Je souhaite formater puis réinstaller OS X sur mon iBook 12". Mon problème vient du fait que j'ai absolument besoin du réseau wifi de mon école et que... Par peur du piratage, l'ingénieur réseau configure lui même la clé WEP (en gros, on lui apporte le portable et il fait la manip').

Le soucis c'est qu'il est absent en ce moment et pour un bout de temps donc : est-il possible de récupérer cette clé WEP sur mon installation actuelle ?

Merci !


----------



## chandler_jf (8 Juin 2005)

Forgaria a dit:
			
		

> Bonjour !
> 
> Je souhaite formater puis réinstaller OS X sur mon iBook 12". Mon problème vient du fait que j'ai absolument besoin du réseau wifi de mon école et que... Par peur du piratage, l'ingénieur réseau configure lui même la clé WEP (en gros, on lui apporte le portable et il fait la manip').
> 
> ...



Salut, 

Il me semble que c'est possible de la trouver dans les pref de reseau.
Je vais chercher un peu....
A +


----------



## Forgaria (8 Juin 2005)

Merci, c'est vraiment sympa !


----------



## chandler_jf (8 Juin 2005)

Forgaria a dit:
			
		

> Merci, c'est vraiment sympa !



ooups je me suis un peu emballé ....  :rose: desolé.

Mais j'ai pense (si, si ca m'arrive) que normalement la clé WEP est enregistrée dans ton trousseau.
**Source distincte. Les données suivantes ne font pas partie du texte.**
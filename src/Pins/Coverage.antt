-- ===== src/Pins/Coverage.antt =====
-- Which predicates of a condition carry the pins of their kind after injection: `inject_pins`,
-- `inject_into_operand` of dogwood-language/src/event_schema/pin.rs.
use dogwood.Prelude.{◌≡◌, ◌↔◌, refl, List}
use dogwood.Ast.{
  Condition, and, or, formerly, previous, since, predicate, comparison, exists, tp, call, sigil_ref,
  refine, Predicate, pred, NamedArgs, Term, agg, arithmetic, Terms, no_terms, item, AggExpr, sum,
  count, agg_call, append_args,
}
use dogwood.Pins.{
  DerivedEvent, pins_of, pin_args, get_event, inject_into_predicate, inject_pins,
  inject_into_operand, inject_into_agg,
}

module _ (schema : List DerivedEvent) where
  -- The pins of the kind stand behind the arguments.
  abbrev pub HasPins : Predicate → Type 0
  HasPins (pred namespace action kind args) =
      (written : NamedArgs) × (args
        ≡ append_args written (pin_args (pins_of (get_event schema namespace action kind))))

  -- Every predicate of the condition has the pins of its kind, in aggregates too.
  abbrev mutual
    pub AllPinned : Condition → Type 0
    AllPinned (and l r) = AllPinned l × AllPinned r
    AllPinned (or l r) = AllPinned l × AllPinned r
    AllPinned (Condition.not c) = AllPinned c
    AllPinned (formerly w c) = AllPinned c
    AllPinned (previous w c) = AllPinned c
    AllPinned (since l w r) = AllPinned l × AllPinned r
    AllPinned (predicate p) = HasPins p
    AllPinned (comparison op l r) = TermPinned l × TermPinned r
    AllPinned (exists x c) = AllPinned c
    AllPinned (tp x) = Unit
    AllPinned (call c) = Unit
    AllPinned (sigil_ref s n) = Unit
    AllPinned (refine c fs) = AllPinned c

    pub TermPinned : Term → Type 0
    TermPinned (agg e) = AggPinned e
    TermPinned (arithmetic op l r) = TermPinned l × TermPinned r
    TermPinned (Term.array ts) = TermsPinned ts
    TermPinned _ = Unit

    pub TermsPinned : Terms → Type 0
    TermsPinned no_terms = Unit
    TermsPinned (item t ts) = TermPinned t × TermsPinned ts

    pub AggPinned : AggExpr → Type 0
    AggPinned (sum x vs c) = AllPinned c
    AggPinned (count vs c) = AllPinned c
    AggPinned (agg_call c) = Unit

  -- The predicates that injection does not reach, those of aggregates below the head of an operand, have
  -- their pins as written.
  abbrev mutual
    pub UnreachedPinned : Condition → Type 0
    UnreachedPinned (and l r) = UnreachedPinned l × UnreachedPinned r
    UnreachedPinned (or l r) = UnreachedPinned l × UnreachedPinned r
    UnreachedPinned (Condition.not c) = UnreachedPinned c
    UnreachedPinned (formerly w c) = UnreachedPinned c
    UnreachedPinned (previous w c) = UnreachedPinned c
    UnreachedPinned (since l w r) = UnreachedPinned l × UnreachedPinned r
    UnreachedPinned (predicate p) = Unit
    UnreachedPinned (comparison op l r) = OperandUnreached l × OperandUnreached r
    UnreachedPinned (exists x c) = UnreachedPinned c
    UnreachedPinned (tp x) = Unit
    UnreachedPinned (call c) = Unit
    UnreachedPinned (sigil_ref s n) = Unit
    UnreachedPinned (refine c fs) = UnreachedPinned c

    pub OperandUnreached : Term → Type 0
    OperandUnreached (agg e) = AggUnreached e
    OperandUnreached (arithmetic op l r) = TermPinned l × TermPinned r
    OperandUnreached (Term.array ts) = TermsPinned ts
    OperandUnreached _ = Unit

    pub AggUnreached : AggExpr → Type 0
    AggUnreached (sum x vs c) = UnreachedPinned c
    AggUnreached (count vs c) = UnreachedPinned c
    AggUnreached (agg_call c) = Unit

  both : {A B C D : Type 0} → A ↔ C → B ↔ D → (A × B) ↔ (C × D)
  both p q = (λ h. (p.0 h.0, q.0 h.1), λ h. (p.1 h.0, q.1 h.1))

  same : {A : Type 0} → A ↔ A
  same = (λ h. h, λ h. h)

  predicate_pinned : (p : Predicate) → HasPins (inject_into_predicate schema p)
  unfolding inject_into_predicate
  predicate_pinned (pred namespace action kind args) = (args, refl)

  mutual
    unfolding inject_pins

    condition_iff : (c : Condition) → AllPinned (inject_pins schema c) ↔ UnreachedPinned c
    condition_iff (and l r) = both (condition_iff l) (condition_iff r)
    condition_iff (or l r) = both (condition_iff l) (condition_iff r)
    condition_iff (Condition.not c) = condition_iff c
    condition_iff (formerly w c) = condition_iff c
    condition_iff (previous w c) = condition_iff c
    condition_iff (since l w r) = both (condition_iff l) (condition_iff r)
    condition_iff (predicate p) = (λ h. tt, λ h. predicate_pinned p)
    condition_iff (comparison op l r) = both (operand_iff l) (operand_iff r)
    condition_iff (exists x c) = condition_iff c
    condition_iff (tp x) = same
    condition_iff (call c) = same
    condition_iff (sigil_ref s n) = same
    condition_iff (refine c fs) = condition_iff c

    operand_iff : (t : Term) → TermPinned (inject_into_operand schema t) ↔ OperandUnreached t
    operand_iff (agg e) = agg_iff e
    operand_iff (arithmetic op l r) = same
    operand_iff _ = same

    agg_iff : (e : AggExpr) → AggPinned (inject_into_agg schema e) ↔ AggUnreached e
    agg_iff (sum x vs c) = condition_iff c
    agg_iff (count vs c) = condition_iff c
    agg_iff (agg_call c) = same

  -- After injection every predicate of the condition has the pins of its kind exactly if the predicates
  -- in aggregates below the head of an operand, as under arithmetic, have theirs as written.
  pub inject_pins-AllPinned : (c : Condition) → AllPinned (inject_pins schema c) ↔ UnreachedPinned c
  inject_pins-AllPinned c = condition_iff c
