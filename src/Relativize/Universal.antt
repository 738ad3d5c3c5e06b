-- ===== src/Relativize/Universal.antt =====
-- Universal symmetric pins, dogwood-language/src/event_schema/relativize.rs.
use dogwood.Prelude.{
  Bool, true, false, ◌&&◌, ◌||◌, List, [], ◌∷◌, Str, str, str_eq, join, any, all, filter_by, map,
}
use dogwood.Resolve.{path_eq}
use dogwood.Pins.{PinRoot, context, scope, Pin, DerivedEvent}

pub record UniversalPin : Type 0 where
  pub field_path : List Str
  pub context_path : List Str
  pub root : PinRoot

abbrev pub root_eq : PinRoot → PinRoot → Bool
root_eq context context = true
root_eq scope scope = true
root_eq _ _ = false

-- The derived equality of `Pin`.
unfoldable pub pin_eq : Pin → Pin → Bool
pin_eq p q =
    (path_eq p.field_path q.field_path && path_eq p.context_path q.context_path)
    && root_eq p.root q.root

-- The reserved names of the principal and the resource.
abbrev pub is_scope_alias : Str → Str → Bool
is_scope_alias field scope_path =
    (str_eq field (str "callerPrincipal") && str_eq scope_path (str "principal"))
    || (str_eq field (str "callerResource") && str_eq scope_path (str "resource"))

abbrev pub symmetric_path : PinRoot → List Str → List Str → Bool
symmetric_path context context_path field_path = path_eq context_path field_path
symmetric_path scope context_path field_path =
    is_scope_alias (join (str ".") field_path) (join (str ".") context_path)

unfoldable pub is_symmetric : Pin → Bool
is_symmetric p = symmetric_path p.root p.context_path p.field_path

abbrev pub contains_pin : List Pin → Pin → Bool
contains_pin pins p = any (λ q. pin_eq q p) pins

abbrev pub universal_pin : Pin → UniversalPin
universal_pin p = record { field_path = p.field_path; context_path = p.context_path; root = p.root }

-- The symmetric pins of the first event that every other event has too.
unfoldable pub universal_pins : List DerivedEvent → List UniversalPin
universal_pins [] = []
universal_pins (first ∷ others) = map universal_pin (
    filter_by (λ p. all (λ (e : DerivedEvent). contains_pin e.pins p) others)
      (filter_by is_symmetric first.pins))
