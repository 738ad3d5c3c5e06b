-- ===== src/Relativize/Encode.antt =====
-- What the relativization builds: the predicate of an own event, guards, and the encodings of `previous`
-- and of `since`, dogwood-language/src/event_schema/relativize.rs.
use dogwood.Prelude.{
  ℕ, suc, Bool, true, false, ◌&&◌, ◌||◌, List, [], ◌∷◌, ◌++◌, Str, str, join, if◌then◌else◌,
}
use dogwood.Prelude.Panics.{Exec, value, panic, ◌>>=◌}
use dogwood.Decimals.{to_string}
use dogwood.Pins.{DerivedEvent, pin_term}
use dogwood.Ast
use dogwood.Ast.{
  WithinSpec, CmpOp, BinderType, timepoint, named, TypedBinder, Condition, and, or, formerly, since,
  predicate, comparison, exists, tp, pred, NamedArgs, no_args, arg, Term, var, agg, count,
}
use dogwood.Relativize.Universal.{UniversalPin}

unfoldable pub fresh : Str → ℕ → Str
fresh stem n = str "__pin_" ++ (stem ++ to_string n)

-- A predicate for the kind that has exactly the pinned arguments.
unfoldable pub mu_args : List UniversalPin → NamedArgs
mu_args [] = no_args
mu_args (p ∷ ps) = arg (join (str ".") p.field_path) (pin_term p.root p.context_path) (mu_args ps)

unfoldable pub mu_branch : List UniversalPin → DerivedEvent → Condition
mu_branch pins e = predicate (pred e.namespace e.action e.kind (mu_args pins))

unfoldable pub mu_from : List UniversalPin → Condition → List DerivedEvent → Condition
mu_from pins acc [] = acc
mu_from pins acc (e ∷ events) = mu_from pins (or acc (mu_branch pins e)) events

-- An event of any declared kind that agrees with the request on every pin.
unfoldable pub mu : List UniversalPin → List DerivedEvent → Exec Condition
mu pins [] = panic
mu pins (e ∷ events) = value (mu_from pins (mu_branch pins e) events)

-- Only an event that a predicate matches can satisfy the condition.
unfoldable pub implies_mine : Condition → Bool
implies_mine (predicate p) = true
implies_mine (and l r) = implies_mine l || implies_mine r
implies_mine (or l r) = implies_mine l && implies_mine r
implies_mine (exists x c) = implies_mine c
implies_mine _ = false

unfoldable pub guard_mine : List UniversalPin → List DerivedEvent → Condition → Exec Condition
guard_mine pins schema body =
    if implies_mine body then value body else (do m ← mu pins schema; value (and m body))

-- The negation of a condition that only an own event satisfies.
abbrev pub is_confined_negation : Condition → Bool
is_confined_negation (Condition.not inner) = implies_mine inner
is_confined_negation _ = false

abbrev pub ands : Condition → List Condition → Condition
ands first [] = first
ands first (c ∷ parts) = ands (and first c) parts

abbrev pub tp_var : Str → Condition
tp_var n = tp (Ast.name n)

abbrev pub cmp_vars : CmpOp → Str → Str → Condition
cmp_vars op a b = comparison op (var a) (var b)

-- The aggregate stands on the left, so that the comparison binds the variable.
abbrev pub cmp_agg_eq : Term → Str → Condition
cmp_agg_eq e n = comparison CmpOp.eq e (var n)

abbrev pub typed_tp : Str → TypedBinder
typed_tp n = record { slot = Ast.name n; ty = timepoint }

abbrev pub typed_long : Str → TypedBinder
typed_long n = record { slot = Ast.name n; ty = named (str "Long" ∷ []) }

abbrev pub count_agg : Str → Condition → Term
count_agg over body = agg (count (typed_tp over ∷ []) body)

-- `formerly[0,W](body ∧ tp(v))`
abbrev pub formerly_at : WithinSpec → Condition → Str → Condition
formerly_at within body v = formerly within (and body (tp_var v))

-- An own position strictly between the anchor and the decision.
unfoldable pub between : WithinSpec → Condition → Condition → Str → Str → Str → Condition
between within mine b ti tj tk = exists (typed_tp tk) (
    ands (formerly_at within mine tk) (
      formerly_at within b tj ∷ tp_var ti ∷ cmp_vars CmpOp.lt tj tk ∷ cmp_vars CmpOp.lt tk ti ∷ []))

unfoldable pub latest_own : WithinSpec → Condition → Condition → Str → Str → Str → Condition
latest_own within mine b ti tj tk = exists (typed_tp ti) (
    exists (typed_tp tj) (
      ands (tp_var ti) (
        formerly_at within b tj
        ∷ cmp_vars CmpOp.lt tj ti
        ∷ Condition.not (between within mine b ti tj tk)
        ∷ [])))

-- `rewrite_previous`, after its body is rewritten and guarded.
unfoldable pub encode_previous :
    List UniversalPin → List DerivedEvent → WithinSpec → Condition → ℕ → Exec (Condition × ℕ)
encode_previous pins schema within b n = do
  mine ← mu pins schema
  value (
    latest_own within mine b (fresh (str "ti") n) (fresh (str "tj") (suc n))
        (fresh (str "tk") (suc (suc n))),
    suc (suc (suc n)),
  )

-- How many own positions in `(tj, ti]` satisfy the condition.
unfoldable pub count_in_range : WithinSpec → Condition → Condition → Str → Str → Str → Term
count_in_range within at anchor ti tj tk = count_agg tk (
    ands (formerly_at within at tk)
      (anchor ∷ tp_var ti ∷ cmp_vars CmpOp.lt tj tk ∷ cmp_vars CmpOp.le tk ti ∷ []))

unfoldable pub continuous_since :
    WithinSpec → Condition → Condition → Condition → Str → Str → Str → Str → Str → Str → Condition
continuous_since within mine l anchor ti tj tk_all tk_left n1 n2 = exists (typed_tp ti) (
    exists (typed_tp tj) (
      exists (typed_long n1) (
        exists (typed_long n2) (
          ands (tp_var ti) (
            anchor
            ∷ cmp_agg_eq (count_in_range within mine anchor ti tj tk_all) n1
            ∷ cmp_agg_eq (count_in_range within (and mine l) anchor ti tj tk_left) n2
            ∷ cmp_vars CmpOp.eq n1 n2
            ∷ [])))))

-- The general encoding of `rewrite_since`, after both sides are rewritten and the right one guarded.
unfoldable pub encode_since :
    List UniversalPin
    → List DerivedEvent
    → Condition
    → WithinSpec
    → Condition
    → ℕ
    → Exec (Condition × ℕ)
encode_since pins schema l within anchor_body n = do
  mine ← mu pins schema
  let tj = fresh (str "tj") (suc n)
  value (
    continuous_since within mine l (formerly_at within anchor_body tj) (fresh (str "ti") n) tj
        (fresh (str "tk_all") (suc (suc n))) (fresh (str "tk_left") (suc (suc (suc n))))
        (fresh (str "n") (suc (suc (suc (suc n)))))
        (fresh (str "n") (suc (suc (suc (suc (suc n)))))),
    suc (suc (suc (suc (suc (suc n))))),
  )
Ben tu peux bien creer une copie de sauvegarde des éléments de ton trousseau style avec Backup et apres tu restaures les éléments. 
Normalement ca doit fonctionner.
Mais bon si c'est vital je ne sais pas si je le tenterai .... 

Jeff


----------



## Forgaria (8 Juin 2005)

Argl... C'est assez vital en effet...

Merci quand même...


----------



## chandler_jf (8 Juin 2005)

Forgaria a dit:
			
		

> Argl... C'est assez vital en effet...
> 
> Merci quand même...




Et tu peux pas attendre avt de formater ton DD ????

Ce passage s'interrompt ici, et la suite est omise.